## WORK ITEM
In the records below, some lines contain the word "same". Copy each of them.

## DATASET EXTRACT
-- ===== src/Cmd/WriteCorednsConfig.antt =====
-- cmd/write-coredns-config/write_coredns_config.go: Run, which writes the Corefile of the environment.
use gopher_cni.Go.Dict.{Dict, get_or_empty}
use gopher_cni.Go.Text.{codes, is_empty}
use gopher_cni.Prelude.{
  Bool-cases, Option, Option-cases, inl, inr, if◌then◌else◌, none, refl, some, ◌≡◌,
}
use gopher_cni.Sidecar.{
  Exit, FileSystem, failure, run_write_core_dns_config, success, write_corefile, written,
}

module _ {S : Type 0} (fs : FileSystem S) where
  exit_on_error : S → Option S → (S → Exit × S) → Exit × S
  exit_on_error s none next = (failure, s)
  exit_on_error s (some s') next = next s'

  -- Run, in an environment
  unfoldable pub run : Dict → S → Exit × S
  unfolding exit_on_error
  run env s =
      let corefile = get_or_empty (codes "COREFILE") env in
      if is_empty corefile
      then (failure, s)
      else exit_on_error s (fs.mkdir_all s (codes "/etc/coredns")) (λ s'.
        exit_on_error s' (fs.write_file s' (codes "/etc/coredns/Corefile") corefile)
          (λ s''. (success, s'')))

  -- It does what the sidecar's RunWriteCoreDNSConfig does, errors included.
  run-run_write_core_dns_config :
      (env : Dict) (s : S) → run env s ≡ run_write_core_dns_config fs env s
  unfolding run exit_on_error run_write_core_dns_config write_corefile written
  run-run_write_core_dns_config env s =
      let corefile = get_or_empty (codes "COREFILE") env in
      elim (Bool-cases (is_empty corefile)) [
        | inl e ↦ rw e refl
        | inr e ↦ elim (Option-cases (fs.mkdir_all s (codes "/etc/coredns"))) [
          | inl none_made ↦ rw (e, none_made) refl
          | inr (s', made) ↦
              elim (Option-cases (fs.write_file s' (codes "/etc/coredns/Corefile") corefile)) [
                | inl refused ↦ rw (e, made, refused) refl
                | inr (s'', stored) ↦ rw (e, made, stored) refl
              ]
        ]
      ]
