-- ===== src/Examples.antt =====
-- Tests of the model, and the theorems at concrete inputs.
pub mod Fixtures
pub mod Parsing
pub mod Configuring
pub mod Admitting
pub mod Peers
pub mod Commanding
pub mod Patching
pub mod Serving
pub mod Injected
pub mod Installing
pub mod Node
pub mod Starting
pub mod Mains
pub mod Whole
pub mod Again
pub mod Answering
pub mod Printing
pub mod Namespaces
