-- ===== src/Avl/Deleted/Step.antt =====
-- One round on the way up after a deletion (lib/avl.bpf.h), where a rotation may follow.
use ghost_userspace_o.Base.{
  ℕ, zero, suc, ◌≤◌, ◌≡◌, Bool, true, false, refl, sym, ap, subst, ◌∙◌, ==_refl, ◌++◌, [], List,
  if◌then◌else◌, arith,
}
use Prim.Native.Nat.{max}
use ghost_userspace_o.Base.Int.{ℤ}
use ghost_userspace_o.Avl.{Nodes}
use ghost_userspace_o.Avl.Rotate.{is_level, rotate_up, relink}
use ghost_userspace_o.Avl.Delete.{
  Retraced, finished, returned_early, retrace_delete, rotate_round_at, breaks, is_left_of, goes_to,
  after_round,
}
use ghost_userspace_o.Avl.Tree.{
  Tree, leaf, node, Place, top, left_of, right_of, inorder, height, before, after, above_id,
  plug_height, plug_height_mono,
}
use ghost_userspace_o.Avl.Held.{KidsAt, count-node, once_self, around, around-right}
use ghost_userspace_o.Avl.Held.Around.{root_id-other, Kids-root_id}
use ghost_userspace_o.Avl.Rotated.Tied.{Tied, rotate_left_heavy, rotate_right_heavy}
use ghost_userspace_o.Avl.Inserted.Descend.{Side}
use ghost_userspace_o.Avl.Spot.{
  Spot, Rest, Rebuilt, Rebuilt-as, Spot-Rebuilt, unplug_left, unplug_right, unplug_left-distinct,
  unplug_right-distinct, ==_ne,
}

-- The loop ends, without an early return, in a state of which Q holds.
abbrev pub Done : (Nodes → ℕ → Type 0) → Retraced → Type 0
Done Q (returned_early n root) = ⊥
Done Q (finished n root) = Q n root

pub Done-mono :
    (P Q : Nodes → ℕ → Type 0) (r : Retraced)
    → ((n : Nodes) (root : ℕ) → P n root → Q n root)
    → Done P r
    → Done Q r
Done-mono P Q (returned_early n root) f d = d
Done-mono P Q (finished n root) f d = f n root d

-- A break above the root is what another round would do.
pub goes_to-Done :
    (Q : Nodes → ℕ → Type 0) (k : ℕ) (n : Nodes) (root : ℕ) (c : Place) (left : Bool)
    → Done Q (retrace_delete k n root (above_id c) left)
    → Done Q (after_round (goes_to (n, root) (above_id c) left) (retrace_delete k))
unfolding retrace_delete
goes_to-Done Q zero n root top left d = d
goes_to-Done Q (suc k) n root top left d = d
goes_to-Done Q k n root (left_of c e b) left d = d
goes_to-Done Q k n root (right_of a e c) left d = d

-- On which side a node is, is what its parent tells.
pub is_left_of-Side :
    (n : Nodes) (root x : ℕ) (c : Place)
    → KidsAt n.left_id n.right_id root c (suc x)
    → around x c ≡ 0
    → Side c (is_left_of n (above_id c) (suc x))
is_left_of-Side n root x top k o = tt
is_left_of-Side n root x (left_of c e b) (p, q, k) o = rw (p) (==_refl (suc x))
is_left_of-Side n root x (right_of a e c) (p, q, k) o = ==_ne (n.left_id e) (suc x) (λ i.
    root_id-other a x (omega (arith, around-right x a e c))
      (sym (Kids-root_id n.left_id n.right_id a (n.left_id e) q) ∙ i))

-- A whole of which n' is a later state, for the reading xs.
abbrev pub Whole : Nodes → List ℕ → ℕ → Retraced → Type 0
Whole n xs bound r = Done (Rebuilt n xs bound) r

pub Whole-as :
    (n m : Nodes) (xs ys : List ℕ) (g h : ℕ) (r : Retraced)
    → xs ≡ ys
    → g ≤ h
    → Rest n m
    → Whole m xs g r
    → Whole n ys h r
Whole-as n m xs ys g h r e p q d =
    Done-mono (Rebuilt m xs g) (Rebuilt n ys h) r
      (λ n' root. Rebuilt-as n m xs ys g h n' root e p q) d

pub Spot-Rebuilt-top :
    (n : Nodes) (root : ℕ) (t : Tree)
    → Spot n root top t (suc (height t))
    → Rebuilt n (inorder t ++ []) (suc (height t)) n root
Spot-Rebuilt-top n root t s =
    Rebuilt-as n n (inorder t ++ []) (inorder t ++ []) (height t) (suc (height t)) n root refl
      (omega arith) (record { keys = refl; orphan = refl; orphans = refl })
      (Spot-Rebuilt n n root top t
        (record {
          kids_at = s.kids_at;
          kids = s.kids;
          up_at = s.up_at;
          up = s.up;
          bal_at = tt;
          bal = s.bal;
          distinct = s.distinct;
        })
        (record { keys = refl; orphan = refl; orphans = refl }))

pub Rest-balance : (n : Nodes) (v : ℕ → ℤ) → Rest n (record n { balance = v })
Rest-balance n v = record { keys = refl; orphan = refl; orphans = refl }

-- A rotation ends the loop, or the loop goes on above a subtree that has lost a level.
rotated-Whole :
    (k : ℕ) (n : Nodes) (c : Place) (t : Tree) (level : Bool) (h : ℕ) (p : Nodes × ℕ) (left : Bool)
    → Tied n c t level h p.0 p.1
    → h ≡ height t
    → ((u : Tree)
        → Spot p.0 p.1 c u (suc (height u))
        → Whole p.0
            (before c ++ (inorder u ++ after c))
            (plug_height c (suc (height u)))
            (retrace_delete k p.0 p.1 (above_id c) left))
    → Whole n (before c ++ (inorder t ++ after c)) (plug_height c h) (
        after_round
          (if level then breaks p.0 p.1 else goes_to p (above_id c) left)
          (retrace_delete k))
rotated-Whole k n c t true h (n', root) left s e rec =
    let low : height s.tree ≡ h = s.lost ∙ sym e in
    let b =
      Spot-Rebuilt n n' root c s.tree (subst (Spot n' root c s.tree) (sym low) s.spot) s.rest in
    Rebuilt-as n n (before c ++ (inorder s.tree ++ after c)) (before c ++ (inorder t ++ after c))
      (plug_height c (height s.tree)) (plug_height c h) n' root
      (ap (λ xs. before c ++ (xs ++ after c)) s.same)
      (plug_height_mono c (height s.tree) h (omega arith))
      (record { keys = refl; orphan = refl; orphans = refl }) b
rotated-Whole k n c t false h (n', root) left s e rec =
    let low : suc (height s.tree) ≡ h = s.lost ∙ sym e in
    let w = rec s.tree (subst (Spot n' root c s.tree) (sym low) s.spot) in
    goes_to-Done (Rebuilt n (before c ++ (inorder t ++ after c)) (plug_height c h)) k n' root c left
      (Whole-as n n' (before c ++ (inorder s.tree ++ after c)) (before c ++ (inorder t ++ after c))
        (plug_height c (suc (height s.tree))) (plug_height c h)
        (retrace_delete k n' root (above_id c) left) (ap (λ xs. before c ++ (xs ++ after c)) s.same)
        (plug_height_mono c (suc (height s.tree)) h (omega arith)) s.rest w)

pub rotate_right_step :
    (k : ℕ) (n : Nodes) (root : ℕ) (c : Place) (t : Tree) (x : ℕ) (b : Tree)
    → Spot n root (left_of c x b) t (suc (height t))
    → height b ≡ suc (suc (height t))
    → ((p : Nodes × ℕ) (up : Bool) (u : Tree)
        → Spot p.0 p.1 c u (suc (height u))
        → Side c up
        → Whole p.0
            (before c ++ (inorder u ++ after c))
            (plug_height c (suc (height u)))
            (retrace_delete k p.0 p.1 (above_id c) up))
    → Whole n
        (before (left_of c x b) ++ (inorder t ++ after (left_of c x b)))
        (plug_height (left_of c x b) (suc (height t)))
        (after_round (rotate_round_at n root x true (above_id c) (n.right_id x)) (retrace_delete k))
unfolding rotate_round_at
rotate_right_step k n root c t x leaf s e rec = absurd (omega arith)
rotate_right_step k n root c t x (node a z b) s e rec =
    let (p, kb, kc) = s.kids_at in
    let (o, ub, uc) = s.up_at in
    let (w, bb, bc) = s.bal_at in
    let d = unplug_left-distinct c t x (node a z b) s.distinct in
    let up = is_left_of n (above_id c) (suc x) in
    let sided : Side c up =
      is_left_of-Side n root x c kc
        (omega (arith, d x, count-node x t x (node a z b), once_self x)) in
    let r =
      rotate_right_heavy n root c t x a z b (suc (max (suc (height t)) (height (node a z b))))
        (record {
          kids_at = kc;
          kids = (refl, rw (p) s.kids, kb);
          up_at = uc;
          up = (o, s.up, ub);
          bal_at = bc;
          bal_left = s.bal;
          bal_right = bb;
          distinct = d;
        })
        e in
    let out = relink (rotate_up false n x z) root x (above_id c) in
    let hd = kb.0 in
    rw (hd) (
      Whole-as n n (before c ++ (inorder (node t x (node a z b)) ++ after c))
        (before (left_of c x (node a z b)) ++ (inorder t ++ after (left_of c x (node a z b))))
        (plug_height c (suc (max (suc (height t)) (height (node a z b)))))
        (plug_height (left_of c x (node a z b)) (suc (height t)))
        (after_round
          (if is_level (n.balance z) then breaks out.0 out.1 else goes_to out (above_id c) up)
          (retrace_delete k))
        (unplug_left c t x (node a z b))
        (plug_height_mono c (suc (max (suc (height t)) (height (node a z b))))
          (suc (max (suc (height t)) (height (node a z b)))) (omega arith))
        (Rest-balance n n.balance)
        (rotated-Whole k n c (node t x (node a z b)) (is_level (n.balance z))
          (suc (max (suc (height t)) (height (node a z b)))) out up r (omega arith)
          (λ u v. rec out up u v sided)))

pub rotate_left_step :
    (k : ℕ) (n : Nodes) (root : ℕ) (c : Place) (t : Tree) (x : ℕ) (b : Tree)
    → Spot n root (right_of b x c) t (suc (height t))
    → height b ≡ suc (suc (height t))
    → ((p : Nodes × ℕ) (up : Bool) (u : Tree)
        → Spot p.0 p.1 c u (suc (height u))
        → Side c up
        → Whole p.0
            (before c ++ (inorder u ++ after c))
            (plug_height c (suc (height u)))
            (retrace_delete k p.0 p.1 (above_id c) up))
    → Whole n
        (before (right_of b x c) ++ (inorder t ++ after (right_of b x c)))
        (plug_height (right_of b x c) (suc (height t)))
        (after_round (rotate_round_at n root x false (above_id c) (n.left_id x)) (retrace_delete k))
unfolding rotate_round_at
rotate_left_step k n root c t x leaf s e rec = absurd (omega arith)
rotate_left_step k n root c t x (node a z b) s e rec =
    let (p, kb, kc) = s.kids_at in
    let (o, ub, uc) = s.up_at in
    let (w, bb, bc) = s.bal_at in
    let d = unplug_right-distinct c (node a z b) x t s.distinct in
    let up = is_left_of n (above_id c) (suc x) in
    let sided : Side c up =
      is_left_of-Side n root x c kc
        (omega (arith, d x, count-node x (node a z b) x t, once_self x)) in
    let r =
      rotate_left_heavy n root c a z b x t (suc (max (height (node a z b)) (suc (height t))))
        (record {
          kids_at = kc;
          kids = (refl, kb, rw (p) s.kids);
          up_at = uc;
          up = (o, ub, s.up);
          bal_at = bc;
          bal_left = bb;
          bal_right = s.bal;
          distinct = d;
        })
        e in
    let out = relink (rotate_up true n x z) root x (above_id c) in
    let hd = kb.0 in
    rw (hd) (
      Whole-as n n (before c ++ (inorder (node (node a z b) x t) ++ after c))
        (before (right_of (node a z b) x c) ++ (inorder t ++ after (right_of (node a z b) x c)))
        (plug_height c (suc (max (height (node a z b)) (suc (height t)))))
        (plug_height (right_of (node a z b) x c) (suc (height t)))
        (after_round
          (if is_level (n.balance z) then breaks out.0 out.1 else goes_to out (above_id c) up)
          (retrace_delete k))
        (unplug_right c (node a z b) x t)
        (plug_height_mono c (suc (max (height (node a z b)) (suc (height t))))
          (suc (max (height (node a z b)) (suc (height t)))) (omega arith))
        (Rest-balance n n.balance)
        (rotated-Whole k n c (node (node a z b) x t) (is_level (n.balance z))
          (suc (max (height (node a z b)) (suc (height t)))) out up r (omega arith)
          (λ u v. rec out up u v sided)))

## TASK OUTPUT
      (ap (λ xs. before c ++ (xs ++ after c)) s.same)
        (retrace_delete k n' root (above_id c) left) (ap (λ xs. before c ++ (xs ++ after c)) s.same)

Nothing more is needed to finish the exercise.